What the exercise asks: Extract each line of the records below that contains the word "come".

Records shown:
+++
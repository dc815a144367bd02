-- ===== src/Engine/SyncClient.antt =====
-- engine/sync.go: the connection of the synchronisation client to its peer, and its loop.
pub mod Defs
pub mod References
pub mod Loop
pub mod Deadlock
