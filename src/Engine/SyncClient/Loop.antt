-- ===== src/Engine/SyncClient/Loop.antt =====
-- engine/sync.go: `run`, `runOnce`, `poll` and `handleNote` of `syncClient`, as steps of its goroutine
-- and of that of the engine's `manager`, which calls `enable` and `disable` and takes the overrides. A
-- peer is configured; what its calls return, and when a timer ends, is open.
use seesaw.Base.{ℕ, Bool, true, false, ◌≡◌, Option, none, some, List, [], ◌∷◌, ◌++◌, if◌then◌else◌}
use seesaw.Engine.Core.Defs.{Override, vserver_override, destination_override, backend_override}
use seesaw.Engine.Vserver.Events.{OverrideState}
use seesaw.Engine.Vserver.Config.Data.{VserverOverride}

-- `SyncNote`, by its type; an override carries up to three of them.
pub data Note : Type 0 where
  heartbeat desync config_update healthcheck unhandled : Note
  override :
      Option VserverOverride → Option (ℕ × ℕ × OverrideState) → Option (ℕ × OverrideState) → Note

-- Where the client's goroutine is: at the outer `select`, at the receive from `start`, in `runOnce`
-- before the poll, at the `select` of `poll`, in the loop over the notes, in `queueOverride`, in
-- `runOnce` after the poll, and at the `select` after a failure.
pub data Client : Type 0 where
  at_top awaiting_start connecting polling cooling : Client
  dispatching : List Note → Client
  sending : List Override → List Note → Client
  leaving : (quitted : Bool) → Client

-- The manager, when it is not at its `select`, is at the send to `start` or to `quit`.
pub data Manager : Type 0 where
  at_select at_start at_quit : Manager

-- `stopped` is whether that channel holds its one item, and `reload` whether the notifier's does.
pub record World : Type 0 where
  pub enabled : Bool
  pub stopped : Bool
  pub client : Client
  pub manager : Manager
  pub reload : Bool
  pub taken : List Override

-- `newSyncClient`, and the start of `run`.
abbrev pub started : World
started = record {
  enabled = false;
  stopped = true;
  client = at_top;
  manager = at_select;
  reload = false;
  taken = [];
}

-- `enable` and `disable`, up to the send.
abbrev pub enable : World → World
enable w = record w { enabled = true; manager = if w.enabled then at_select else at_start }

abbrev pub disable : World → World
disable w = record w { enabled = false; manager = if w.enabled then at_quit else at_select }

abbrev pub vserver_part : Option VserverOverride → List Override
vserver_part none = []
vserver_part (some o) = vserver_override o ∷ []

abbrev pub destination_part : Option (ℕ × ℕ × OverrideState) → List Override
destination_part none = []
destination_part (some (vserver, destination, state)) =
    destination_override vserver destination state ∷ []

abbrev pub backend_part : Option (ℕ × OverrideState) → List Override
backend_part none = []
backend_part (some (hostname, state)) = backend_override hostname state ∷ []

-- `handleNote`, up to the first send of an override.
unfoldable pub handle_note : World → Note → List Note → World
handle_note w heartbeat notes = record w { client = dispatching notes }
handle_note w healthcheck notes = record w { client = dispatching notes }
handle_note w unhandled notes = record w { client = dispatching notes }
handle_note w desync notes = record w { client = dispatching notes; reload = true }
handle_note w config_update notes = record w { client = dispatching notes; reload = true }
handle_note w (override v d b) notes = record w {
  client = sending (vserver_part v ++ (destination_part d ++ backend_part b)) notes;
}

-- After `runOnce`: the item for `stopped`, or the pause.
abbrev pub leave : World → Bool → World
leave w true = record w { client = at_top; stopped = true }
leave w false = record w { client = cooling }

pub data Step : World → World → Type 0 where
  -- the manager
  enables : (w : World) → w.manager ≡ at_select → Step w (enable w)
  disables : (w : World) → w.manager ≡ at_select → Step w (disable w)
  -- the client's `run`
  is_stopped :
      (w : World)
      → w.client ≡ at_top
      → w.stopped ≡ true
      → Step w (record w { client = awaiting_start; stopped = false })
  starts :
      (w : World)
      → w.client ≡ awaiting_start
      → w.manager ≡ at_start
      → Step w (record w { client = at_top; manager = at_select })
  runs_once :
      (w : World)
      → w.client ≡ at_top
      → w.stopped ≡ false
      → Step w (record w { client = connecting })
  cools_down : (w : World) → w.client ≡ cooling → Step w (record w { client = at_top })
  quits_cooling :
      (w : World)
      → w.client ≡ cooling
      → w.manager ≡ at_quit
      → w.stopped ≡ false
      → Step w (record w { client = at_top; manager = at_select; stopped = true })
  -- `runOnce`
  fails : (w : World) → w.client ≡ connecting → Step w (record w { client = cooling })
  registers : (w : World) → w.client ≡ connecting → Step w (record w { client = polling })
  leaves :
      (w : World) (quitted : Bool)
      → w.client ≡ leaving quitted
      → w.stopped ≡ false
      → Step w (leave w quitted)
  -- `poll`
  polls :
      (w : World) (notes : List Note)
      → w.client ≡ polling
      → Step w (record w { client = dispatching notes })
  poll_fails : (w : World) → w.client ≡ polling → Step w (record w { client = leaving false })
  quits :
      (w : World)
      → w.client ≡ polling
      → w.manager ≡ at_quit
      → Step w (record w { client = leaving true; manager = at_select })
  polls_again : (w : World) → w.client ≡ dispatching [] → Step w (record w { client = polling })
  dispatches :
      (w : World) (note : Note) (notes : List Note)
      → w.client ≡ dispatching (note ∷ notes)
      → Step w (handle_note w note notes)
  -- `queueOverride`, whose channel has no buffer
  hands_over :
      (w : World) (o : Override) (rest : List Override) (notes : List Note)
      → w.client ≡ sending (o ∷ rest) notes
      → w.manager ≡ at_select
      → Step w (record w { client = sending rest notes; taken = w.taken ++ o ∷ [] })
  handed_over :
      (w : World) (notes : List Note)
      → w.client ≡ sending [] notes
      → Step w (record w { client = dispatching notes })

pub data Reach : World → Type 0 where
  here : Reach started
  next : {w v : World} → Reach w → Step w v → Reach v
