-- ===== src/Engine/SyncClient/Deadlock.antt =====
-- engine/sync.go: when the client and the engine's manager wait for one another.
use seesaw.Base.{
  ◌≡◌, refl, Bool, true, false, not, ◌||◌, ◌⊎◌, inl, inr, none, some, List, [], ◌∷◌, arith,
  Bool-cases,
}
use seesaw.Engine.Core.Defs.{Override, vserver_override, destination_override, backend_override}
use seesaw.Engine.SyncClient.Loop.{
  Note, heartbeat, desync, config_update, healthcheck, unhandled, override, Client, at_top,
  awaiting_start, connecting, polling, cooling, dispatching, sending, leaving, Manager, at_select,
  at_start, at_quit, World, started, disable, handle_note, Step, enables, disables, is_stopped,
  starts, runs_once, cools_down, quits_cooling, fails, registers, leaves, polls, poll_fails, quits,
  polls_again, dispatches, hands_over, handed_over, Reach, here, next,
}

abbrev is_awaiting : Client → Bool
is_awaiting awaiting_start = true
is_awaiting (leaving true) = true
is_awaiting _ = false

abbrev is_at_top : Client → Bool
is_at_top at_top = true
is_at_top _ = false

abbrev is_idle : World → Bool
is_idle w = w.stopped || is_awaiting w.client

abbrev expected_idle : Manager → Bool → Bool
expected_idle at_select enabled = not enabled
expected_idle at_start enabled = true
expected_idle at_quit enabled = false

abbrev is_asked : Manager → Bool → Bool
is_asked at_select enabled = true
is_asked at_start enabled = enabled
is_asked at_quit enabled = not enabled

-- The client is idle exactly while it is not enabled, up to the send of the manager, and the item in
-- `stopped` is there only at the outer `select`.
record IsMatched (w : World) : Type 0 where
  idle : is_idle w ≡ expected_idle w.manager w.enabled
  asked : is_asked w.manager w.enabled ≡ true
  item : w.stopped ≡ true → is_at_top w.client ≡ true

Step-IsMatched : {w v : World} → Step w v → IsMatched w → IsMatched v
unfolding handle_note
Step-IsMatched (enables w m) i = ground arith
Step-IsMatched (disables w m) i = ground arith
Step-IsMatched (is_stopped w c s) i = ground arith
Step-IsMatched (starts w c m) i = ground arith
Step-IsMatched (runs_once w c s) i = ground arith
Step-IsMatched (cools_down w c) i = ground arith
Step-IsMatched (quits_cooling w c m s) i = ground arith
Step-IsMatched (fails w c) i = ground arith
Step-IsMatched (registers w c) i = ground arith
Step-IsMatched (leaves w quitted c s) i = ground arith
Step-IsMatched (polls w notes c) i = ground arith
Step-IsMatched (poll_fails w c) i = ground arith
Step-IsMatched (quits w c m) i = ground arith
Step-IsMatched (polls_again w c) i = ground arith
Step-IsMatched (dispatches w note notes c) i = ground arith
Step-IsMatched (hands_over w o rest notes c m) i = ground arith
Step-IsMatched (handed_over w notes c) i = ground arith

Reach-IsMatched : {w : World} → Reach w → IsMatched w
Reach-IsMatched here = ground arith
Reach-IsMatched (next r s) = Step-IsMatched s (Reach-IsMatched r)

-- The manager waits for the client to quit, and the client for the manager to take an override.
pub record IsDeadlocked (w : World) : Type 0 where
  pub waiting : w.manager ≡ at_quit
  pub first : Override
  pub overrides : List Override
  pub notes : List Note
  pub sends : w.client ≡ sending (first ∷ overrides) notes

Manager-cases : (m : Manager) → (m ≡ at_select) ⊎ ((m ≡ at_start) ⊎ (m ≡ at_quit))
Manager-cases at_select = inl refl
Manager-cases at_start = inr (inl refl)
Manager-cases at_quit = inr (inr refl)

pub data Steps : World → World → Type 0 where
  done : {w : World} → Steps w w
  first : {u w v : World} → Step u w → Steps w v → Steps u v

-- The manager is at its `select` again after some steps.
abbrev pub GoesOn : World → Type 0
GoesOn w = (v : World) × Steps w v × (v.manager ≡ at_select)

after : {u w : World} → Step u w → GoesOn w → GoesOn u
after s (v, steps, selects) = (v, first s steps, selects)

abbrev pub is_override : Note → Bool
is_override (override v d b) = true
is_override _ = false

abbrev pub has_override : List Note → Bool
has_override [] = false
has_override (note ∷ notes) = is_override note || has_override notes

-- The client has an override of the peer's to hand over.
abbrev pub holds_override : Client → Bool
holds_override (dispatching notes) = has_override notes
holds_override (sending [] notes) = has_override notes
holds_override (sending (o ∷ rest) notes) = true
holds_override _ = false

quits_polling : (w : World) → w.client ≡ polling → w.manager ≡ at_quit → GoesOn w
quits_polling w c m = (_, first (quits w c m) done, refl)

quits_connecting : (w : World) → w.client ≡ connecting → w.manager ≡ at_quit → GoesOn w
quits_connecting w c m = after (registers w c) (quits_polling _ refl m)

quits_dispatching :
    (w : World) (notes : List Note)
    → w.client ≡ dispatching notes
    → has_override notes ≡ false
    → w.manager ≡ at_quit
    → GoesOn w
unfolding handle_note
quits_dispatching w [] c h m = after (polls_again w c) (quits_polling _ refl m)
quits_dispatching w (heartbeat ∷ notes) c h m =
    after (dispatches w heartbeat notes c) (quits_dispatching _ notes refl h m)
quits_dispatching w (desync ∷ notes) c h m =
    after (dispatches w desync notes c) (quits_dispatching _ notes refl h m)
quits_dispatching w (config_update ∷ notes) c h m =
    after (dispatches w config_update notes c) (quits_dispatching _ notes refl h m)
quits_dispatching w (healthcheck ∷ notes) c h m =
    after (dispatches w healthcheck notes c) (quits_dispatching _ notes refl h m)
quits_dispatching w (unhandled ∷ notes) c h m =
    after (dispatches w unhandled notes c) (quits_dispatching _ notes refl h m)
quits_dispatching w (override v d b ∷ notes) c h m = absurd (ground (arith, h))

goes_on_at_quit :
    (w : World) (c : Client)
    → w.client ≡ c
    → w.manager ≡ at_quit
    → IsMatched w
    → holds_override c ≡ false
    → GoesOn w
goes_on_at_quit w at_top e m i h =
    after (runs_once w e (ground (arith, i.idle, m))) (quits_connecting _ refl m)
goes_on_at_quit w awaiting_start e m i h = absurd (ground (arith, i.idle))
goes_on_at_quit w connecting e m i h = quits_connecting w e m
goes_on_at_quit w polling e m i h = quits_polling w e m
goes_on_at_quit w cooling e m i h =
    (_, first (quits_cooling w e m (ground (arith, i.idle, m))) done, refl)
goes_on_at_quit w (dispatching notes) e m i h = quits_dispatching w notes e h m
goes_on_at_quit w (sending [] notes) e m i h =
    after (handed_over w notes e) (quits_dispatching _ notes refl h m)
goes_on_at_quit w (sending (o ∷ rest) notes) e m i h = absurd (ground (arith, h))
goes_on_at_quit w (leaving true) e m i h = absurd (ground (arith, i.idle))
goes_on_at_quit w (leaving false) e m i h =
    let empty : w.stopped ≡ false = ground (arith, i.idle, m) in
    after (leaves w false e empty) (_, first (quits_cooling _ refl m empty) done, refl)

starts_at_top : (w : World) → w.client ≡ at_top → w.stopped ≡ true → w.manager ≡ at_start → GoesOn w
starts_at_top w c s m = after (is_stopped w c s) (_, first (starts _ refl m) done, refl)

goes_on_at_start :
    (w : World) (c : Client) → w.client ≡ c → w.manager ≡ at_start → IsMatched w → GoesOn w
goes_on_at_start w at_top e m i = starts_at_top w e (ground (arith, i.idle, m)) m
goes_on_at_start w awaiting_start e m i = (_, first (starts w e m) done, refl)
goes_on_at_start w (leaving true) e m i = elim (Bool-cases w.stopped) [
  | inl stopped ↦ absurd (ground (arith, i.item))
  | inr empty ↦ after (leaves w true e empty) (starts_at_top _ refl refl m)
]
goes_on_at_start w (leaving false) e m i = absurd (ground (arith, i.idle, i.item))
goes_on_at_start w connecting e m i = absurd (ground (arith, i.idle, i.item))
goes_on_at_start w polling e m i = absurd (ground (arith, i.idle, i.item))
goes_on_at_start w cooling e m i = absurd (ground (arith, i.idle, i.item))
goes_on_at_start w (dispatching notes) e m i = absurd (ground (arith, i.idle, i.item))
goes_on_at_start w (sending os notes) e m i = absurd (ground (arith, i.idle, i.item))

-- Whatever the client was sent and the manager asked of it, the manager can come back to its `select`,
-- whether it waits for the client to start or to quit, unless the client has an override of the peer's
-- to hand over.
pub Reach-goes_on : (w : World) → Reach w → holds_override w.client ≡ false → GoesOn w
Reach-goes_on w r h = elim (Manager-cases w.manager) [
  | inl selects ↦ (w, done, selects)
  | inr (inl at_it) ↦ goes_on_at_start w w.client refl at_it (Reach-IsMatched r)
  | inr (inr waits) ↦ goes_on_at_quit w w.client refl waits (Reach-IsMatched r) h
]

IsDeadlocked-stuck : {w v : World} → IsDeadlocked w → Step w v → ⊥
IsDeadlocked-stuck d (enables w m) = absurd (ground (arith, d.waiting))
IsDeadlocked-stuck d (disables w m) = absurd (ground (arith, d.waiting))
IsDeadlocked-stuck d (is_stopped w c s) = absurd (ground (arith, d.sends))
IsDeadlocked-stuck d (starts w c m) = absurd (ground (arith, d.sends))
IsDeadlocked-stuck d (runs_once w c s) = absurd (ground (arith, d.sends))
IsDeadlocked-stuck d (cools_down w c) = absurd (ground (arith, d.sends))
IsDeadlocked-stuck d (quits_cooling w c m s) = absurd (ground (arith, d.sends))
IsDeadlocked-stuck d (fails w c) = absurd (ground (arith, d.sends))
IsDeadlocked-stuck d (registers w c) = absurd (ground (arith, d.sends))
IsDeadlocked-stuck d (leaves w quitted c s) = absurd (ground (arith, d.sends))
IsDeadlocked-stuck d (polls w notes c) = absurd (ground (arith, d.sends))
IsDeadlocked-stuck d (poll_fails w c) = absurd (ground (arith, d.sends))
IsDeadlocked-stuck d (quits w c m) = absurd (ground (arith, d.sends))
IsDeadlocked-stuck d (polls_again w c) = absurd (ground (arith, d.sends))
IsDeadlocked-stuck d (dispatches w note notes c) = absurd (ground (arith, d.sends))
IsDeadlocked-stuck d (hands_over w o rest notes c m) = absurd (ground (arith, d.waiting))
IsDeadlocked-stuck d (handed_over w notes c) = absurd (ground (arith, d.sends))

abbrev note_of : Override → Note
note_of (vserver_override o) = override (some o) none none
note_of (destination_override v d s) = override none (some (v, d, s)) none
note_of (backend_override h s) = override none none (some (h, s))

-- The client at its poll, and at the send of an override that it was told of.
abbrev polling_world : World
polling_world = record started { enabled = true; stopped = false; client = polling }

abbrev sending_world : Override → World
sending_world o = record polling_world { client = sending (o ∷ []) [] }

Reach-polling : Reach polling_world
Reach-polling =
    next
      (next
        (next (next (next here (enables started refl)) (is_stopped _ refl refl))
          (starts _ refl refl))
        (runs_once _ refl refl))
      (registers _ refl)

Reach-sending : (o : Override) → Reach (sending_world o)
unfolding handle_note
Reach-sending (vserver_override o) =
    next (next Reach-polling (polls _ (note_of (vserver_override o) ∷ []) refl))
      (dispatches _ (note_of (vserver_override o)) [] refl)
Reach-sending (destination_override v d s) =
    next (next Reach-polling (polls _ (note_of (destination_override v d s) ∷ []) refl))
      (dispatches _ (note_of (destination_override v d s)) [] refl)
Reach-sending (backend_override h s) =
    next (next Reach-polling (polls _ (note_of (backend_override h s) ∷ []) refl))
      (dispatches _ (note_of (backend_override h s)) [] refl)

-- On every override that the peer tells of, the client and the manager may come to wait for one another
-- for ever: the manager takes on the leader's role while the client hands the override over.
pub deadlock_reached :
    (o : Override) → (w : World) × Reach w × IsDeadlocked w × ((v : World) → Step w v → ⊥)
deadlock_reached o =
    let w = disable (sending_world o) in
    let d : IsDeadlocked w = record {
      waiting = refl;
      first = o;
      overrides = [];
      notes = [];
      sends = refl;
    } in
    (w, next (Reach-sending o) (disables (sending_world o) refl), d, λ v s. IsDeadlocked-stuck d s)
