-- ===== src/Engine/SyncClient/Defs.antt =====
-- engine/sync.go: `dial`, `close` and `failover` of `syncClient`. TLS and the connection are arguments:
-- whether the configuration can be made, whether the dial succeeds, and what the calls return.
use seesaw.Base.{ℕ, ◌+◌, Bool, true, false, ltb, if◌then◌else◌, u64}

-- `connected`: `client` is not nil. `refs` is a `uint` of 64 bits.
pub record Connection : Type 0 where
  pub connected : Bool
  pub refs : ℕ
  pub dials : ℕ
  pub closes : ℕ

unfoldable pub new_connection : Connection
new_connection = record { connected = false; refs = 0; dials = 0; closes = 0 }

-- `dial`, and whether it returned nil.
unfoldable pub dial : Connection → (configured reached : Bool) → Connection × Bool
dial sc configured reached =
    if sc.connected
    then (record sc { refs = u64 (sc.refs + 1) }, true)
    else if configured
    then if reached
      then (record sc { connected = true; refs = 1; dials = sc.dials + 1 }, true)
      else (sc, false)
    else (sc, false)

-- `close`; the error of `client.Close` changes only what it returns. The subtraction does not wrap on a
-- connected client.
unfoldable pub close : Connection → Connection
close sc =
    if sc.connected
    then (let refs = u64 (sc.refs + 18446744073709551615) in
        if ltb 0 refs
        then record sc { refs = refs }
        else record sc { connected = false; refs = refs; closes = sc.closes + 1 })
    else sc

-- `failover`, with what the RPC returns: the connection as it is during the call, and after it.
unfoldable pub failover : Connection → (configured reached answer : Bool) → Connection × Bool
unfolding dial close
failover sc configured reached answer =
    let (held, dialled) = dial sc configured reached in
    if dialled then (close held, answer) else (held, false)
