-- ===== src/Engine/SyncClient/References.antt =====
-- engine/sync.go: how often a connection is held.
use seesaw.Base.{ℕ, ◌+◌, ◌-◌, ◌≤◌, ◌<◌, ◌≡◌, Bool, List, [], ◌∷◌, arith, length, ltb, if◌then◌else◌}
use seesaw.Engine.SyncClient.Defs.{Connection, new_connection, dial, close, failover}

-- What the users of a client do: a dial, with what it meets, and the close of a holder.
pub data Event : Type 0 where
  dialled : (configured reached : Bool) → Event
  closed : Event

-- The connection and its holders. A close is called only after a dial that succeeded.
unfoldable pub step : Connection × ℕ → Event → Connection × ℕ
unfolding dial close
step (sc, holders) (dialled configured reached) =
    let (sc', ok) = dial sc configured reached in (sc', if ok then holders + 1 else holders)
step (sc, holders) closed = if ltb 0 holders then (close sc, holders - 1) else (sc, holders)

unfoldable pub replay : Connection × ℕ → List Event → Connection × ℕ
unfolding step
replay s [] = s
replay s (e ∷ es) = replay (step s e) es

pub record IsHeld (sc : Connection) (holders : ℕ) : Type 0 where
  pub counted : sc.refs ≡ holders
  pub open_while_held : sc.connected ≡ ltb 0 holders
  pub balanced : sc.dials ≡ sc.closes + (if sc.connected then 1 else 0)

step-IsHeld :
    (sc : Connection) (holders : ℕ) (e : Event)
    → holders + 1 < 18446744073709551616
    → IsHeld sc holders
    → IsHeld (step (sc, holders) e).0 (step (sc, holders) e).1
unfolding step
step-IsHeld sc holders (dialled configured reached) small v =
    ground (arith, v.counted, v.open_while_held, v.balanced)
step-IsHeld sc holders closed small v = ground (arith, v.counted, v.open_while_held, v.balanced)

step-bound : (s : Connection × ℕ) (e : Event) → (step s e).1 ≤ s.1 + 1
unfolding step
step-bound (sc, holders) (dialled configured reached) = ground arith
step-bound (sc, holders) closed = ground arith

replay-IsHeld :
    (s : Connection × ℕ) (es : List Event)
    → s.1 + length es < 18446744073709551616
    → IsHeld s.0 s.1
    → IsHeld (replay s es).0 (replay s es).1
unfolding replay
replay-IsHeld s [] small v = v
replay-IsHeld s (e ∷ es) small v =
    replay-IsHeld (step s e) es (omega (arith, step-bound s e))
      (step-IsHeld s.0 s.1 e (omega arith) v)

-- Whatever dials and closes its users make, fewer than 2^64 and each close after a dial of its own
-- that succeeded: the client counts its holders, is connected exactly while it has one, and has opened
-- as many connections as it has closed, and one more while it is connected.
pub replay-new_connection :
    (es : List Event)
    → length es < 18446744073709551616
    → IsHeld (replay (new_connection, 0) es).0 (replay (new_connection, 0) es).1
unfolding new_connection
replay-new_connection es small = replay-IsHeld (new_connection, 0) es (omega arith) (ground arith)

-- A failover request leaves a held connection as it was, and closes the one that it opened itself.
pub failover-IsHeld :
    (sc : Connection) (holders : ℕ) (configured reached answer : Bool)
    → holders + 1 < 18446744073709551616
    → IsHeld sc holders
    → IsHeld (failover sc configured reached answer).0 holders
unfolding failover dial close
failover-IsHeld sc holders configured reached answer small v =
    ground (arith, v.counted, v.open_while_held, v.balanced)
+++
Response to the task:
-- Whatever the client was sent and the manager asked of it, the manager can come back to its `select`,
-- On every override that the peer tells of, the client and the manager may come to wait for one another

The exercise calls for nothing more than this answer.